Anne Herbert is a painter and educator living in Birmingham, Alabama, with her husband and daughter. Anne received her BFA in Painting from the University of Montevallo in 2007, and her MFA from the University of Alabama in 2013. Anne teaches in the Visual Art Department at the Alabama School of Fine Arts where she also serves as director for the Vulcan Materials Gallery. Anne maintains a vibrant studio practice and exhibits regularly throughout the southeast. Recent activities include a solo exhibition at Ground Floor Contemporary in Birmingham, a summer 2021 residency at Stove Works in Chattanooga, TN, inclusion in the Artist/Mother group exhibition Painting at Night in 2020, and First Place Prize in the 2019 SECAC Juried Exhibition.

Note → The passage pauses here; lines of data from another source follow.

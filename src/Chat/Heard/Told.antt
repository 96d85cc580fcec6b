-- ===== src/Chat/Heard/Told.antt =====
-- What a client of the chatroom hears of what the others say: from their texts through the server's
-- threads, the pipe and the dispatcher to its thread of `comm_waitmsg`.
use mathlib.Core.Path.{subst}
use aip_pkussm.Prelude.{
  ℕ, suc, Option-cases, Bool-cases, inl, inr, ◌≤◌, ◌≡◌, ◌==◌, refl, sym, ◌∙◌, ap, Bool, false, none,
  some, List, [], ◌∷◌, ◌++◌, append-nil, append_assoc, length, map, ℤ, pos, negsuc, if◌then◌else◌,
  arith,
}
use aip_pkussm.Net.{Socket, Feeds}
use aip_pkussm.Host.{Disk, max_file_name_len}
use aip_pkussm.Chat.{Message, Layout}
use aip_pkussm.Chat.Users.{User, Cmsg}
use aip_pkussm.Chat.Users.Table.{IsStray, fd_of}
use aip_pkussm.Chat.Dispatch.{Send}
use aip_pkussm.Chat.Client.{Me, text_message}
use aip_pkussm.Chat.Server.{Leftover}
use aip_pkussm.Chat.Session.{IsUser, text-IsSendable}
use aip_pkussm.Chat.Texts.{Text, AreFor, bytes_of, all_bytes, sends_for}
use aip_pkussm.Chat.Room.{Server, Reach}
use aip_pkussm.Chat.Room.Order.{
  Tagged, text_of, Gone, gone_text, taken_of, AreFor-taken, said_by, queued, sends_of,
}
use aip_pkussm.Chat.Room.Runs.{Reach-Conserves}
use aip_pkussm.Chat.Heard.{
  sender_len, exited, wait_messages, wait_messages-shows, wait_messages-exits,
}

abbrev same_fd : ℤ → ℤ → Bool
same_fd (pos a) (pos b) = a == b
same_fd (negsuc a) (negsuc b) = a == b
same_fd _ _ = false

-- The bytes that go out to one connection.
unfoldable pub bytes_to : ℤ → List Send → List ℕ
bytes_to fd [] = []
bytes_to fd (x ∷ sends) =
    if same_fd x.connfd fd then x.buff ++ bytes_to fd sends else bytes_to fd sends

bytes_to-append :
    (fd : ℤ) (xs ys : List Send) → bytes_to fd (xs ++ ys) ≡ bytes_to fd xs ++ bytes_to fd ys
unfolding bytes_to
bytes_to-append fd [] ys = refl
bytes_to-append fd (x ∷ xs) ys =
    ground (arith, bytes_to-append fd xs ys, append_assoc x.buff (bytes_to fd xs) (bytes_to fd ys))

-- The texts for the user of one connection.
unfoldable pub texts_to : ℤ → List User → List Tagged → List Tagged
texts_to fd users [] = []
texts_to fd users ((i, t) ∷ texts) =
    let rest = texts_to fd users texts in
    elim (fd_of users t.id) [
      | none ↦ rest
      | some there ↦ if same_fd there fd then (i, t) ∷ rest else rest
    ]

abbrev pub message_of : (ℕ → Me) → Tagged → Message
message_of me (i, t) = text_message (me i) t.id t.content

module _ (w : Layout) (me : ℕ → Me) (fd : ℤ) (users : List User) where
  bytes_to-one :
      (i : ℕ) (t : Text) (rest : List Tagged)
      → bytes_to fd (sends_for w (me i) users (t ∷ [])) ++ queued w me (texts_to fd users rest)
        ≡ queued w me (texts_to fd users ((i, t) ∷ rest))
  unfolding bytes_to sends_for texts_to queued
  bytes_to-one i t rest = elim (Option-cases (fd_of users t.id)) [
    | inl e ↦ ground (arith, e)
    | inr (there, e) ↦ ground (
      arith,
      e,
      append-nil (bytes_of w (me i) t),
      append_assoc (w.bytes (message_of me (i, t))) t.content
          (queued w me (texts_to fd users rest)),
    )
  ]

  bytes_to-texts :
      (texts : List Tagged)
      → bytes_to fd (sends_of w me users texts) ≡ queued w me (texts_to fd users texts)
  unfolding bytes_to sends_of texts_to queued
  bytes_to-texts [] = refl
  bytes_to-texts ((i, t) ∷ texts) =
      bytes_to-append fd (sends_for w (me i) users (t ∷ [])) (sends_of w me users texts)
      ∙ ap (λ l. bytes_to fd (sends_for w (me i) users (t ∷ [])) ++ l) (bytes_to-texts texts)
      ∙ bytes_to-one i t texts

  -- All of them are texts that go through.
  AreFor-texts_to :
      (texts : List Tagged)
      → AreFor users (map text_of texts)
      → AreFor users (map text_of (texts_to fd users texts))
  unfolding texts_to
  AreFor-texts_to [] v = tt
  AreFor-texts_to ((i, t) ∷ texts) v = elim (Option-cases (fd_of users t.id)) [
    | inl e ↦
        let same : texts_to fd users ((i, t) ∷ texts) ≡ texts_to fd users texts =
          ground (arith, e) in
        subst (λ l. AreFor users (map text_of l)) (sym same) (AreFor-texts_to texts v.5)
    | inr (there, e) ↦ elim (Bool-cases (same_fd there fd)) [
      | inl b ↦
          let same : texts_to fd users ((i, t) ∷ texts) ≡ (i, t) ∷ texts_to fd users texts =
            ground (arith, e, b) in
          subst (λ l. AreFor users (map text_of l)) (sym same)
            (v.0, v.1, v.2, v.3, v.4, AreFor-texts_to texts v.5)
      | inr b ↦
          let same : texts_to fd users ((i, t) ∷ texts) ≡ texts_to fd users texts =
            ground (arith, e, b) in
          subst (λ l. AreFor users (map text_of l)) (sym same) (AreFor-texts_to texts v.5)
    ]
  ]

module _ (k : Socket) (f : Feeds k) (w : Layout) (me : ℕ → Me) (member : (i : ℕ) → IsUser (me i))
    (over : (s : k.State) (n : ℕ) → f.pending s ≡ [] → (k.recv s n).0 ≡ some []) where
  -- A client that is handed texts of clients with names that `sender` holds, and then the end of
  -- the connection, reads these texts.
  told :
      (users : List User) (texts : List Tagged) (s : k.State)
      → AreFor users (map text_of texts)
      → ((x : Tagged) → sender_len (message_of me x) ≤ max_file_name_len)
      → f.pending s ≡ queued w me texts
      → wait_messages k w (suc (length texts)) s ≡ (map (message_of me) texts, exited)
  unfolding queued
  told users [] s known short heard = wait_messages-exits k f w 0 s (over s w.message_len heard)
  told users ((i, t) ∷ texts) s known short heard =
      let (u, e, p) =
        wait_messages-shows k f w (text_message (me i) t.id t.content) t.content (queued w me texts)
          (suc (length texts)) s (text-IsSendable (me i) t.id t.content (member i) known.2 known.1)
          refl (short (i, t)) heard in
      e ∙ rw (told users texts u known.5 short p) refl

module _ (k kl : Socket) (f : Feeds k) (fl : Feeds kl) (d : Disk) (w : Layout) (c : Cmsg)
    (left : Leftover) (connfds : ℕ → ℤ) (me : ℕ → Me) (texts : ℕ → List Text) (users : List User)
    (member : (i : ℕ) → IsUser (me i)) (stray : IsStray c left.stack)
    (over : (s : k.State) (n : ℕ) → f.pending s ≡ [] → (k.recv s n).0 ≡ some [])
    (over_l : (s : kl.State) (n : ℕ) → fl.pending s ≡ [] → (kl.recv s n).0 ≡ some []) where
  -- After any turns of the threads and the dispatcher, from a start with an empty pipe where each
  -- client's thread is handed the bytes of its texts (each of 1 to 511 bytes and for an id other than
  -- 0 of which the table has a connection), at whose end its connection closes, and where the control
  -- block on the stack does not look like one with a descriptor: those texts that left the pipe are,
  -- for each client, the first of its texts, in its order; the dispatcher took some of them, and what
  -- it has sent are these, each once and in this order. A client that is handed exactly the bytes that
  -- went to one connection, and then the end of the connection, reads the texts among them for that
  -- connection, each with its bytes and its sender, in order, and exits, if the clients' names and
  -- ids fit the array `sender`.
  pub room_heard :
      (s t : Server k d w c left connfds) (fd : ℤ) (listener : kl.State)
      → s.sends ≡ []
      → s.fifo ≡ []
      → s.users ≡ users
      → ((i : ℕ) → f.pending (s.links i) ≡ all_bytes w (me i) (texts i))
      → ((i : ℕ) → AreFor users (texts i))
      → Reach k d w c left connfds s t
      → ((x : Tagged) → sender_len (message_of me x) ≤ max_file_name_len)
      → fl.pending listener ≡ bytes_to fd t.sends
      → (log : List Gone) × (t.sends ≡ sends_of w me users (taken_of log))
        × ((i : ℕ) → (rest : List Text) × (said_by i (map gone_text log) ++ rest ≡ texts i))
        × (let heard = texts_to fd users (taken_of log) in
            wait_messages kl w (suc (length heard)) listener ≡ (map (message_of me) heard, exited))
  room_heard s t fd listener none_sent empty same handed known r short heard =
      let v =
        Reach-Conserves k f d w c left connfds me texts users member stray over s t none_sent empty
          same handed known r in
      (
        v.log,
        v.sent,
        (λ i. (said_by i v.queue ++ v.unread i, v.in_order i)),
        told kl fl w me member over_l users (texts_to fd users (taken_of v.log)) listener
            (AreFor-texts_to w me fd users (taken_of v.log) (AreFor-taken users v.log v.log_known))
            short (heard ∙ ap (bytes_to fd) v.sent ∙ bytes_to-texts w me fd users (taken_of v.log)),
      )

Emily Weiner (b. Brooklyn, 1981) is a painter living and working in Nashville, TN. Combining ceramics and oil painting, her works configure icons, geometries, and material motifs which recur over time. She is interested in the ways in which symbols move between the collective unconscious and individual perception. Weiner received her BA from Barnard College, Columbia University (2003) and her MFA in Fine Arts at the School of Visual Arts (2011). Past exhibitions of her paintings include: Whitespace Gallery (Atlanta, GA); David Lusk Gallery (Nashville, TN); Red Arrow Gallery (Nashville, TN); Gerdarsafn Museum (Kopavogur, Iceland); LeRoy Neiman Gallery, Columbia University (New York); CULT (San Francisco); Soloway (Brooklyn), and Grizzly Grizzly (Philadelphia). She has been a Visiting Artist at the American Academy in Rome (2015); residency co-leader at Watershed Center for the Ceramic Arts, Newcastle, Maine (2018); Artist Teacher-Resident at The Cooper Union, New York, NY (2014); artist-in-residence at The Banff Centre, Canada (2012); and resident at Camac Art Center in France (2011). Her work was featured in New American Paintings in 2020.  

In my paintings, I have been combining symbols from the past and present, to connect visual threads that run from ancient craft traditions to the archetypes currently and perennially observed in theater, mythologies and dreams. My work considers symbolic imagery through a feminist lens; It opposes the idea of progress as a straight arrow, but rather proposes a winding timeline toward a common visual language that overlaps, loops, omits, dematerializes, and rematerializes.

These paintings—oil on linen, set in ceramic frames—rely on intuition, image research, synchronicity, time, and layers of paint. They question how images and stories are shaped, shared, and translated across generations and disparate locations. They question: What are the narratives that dominate personal and collective stories, and how are those stories reinforced? How can symbolic language be reframed, both literally and figuratively, to transcend the stories we may have been told?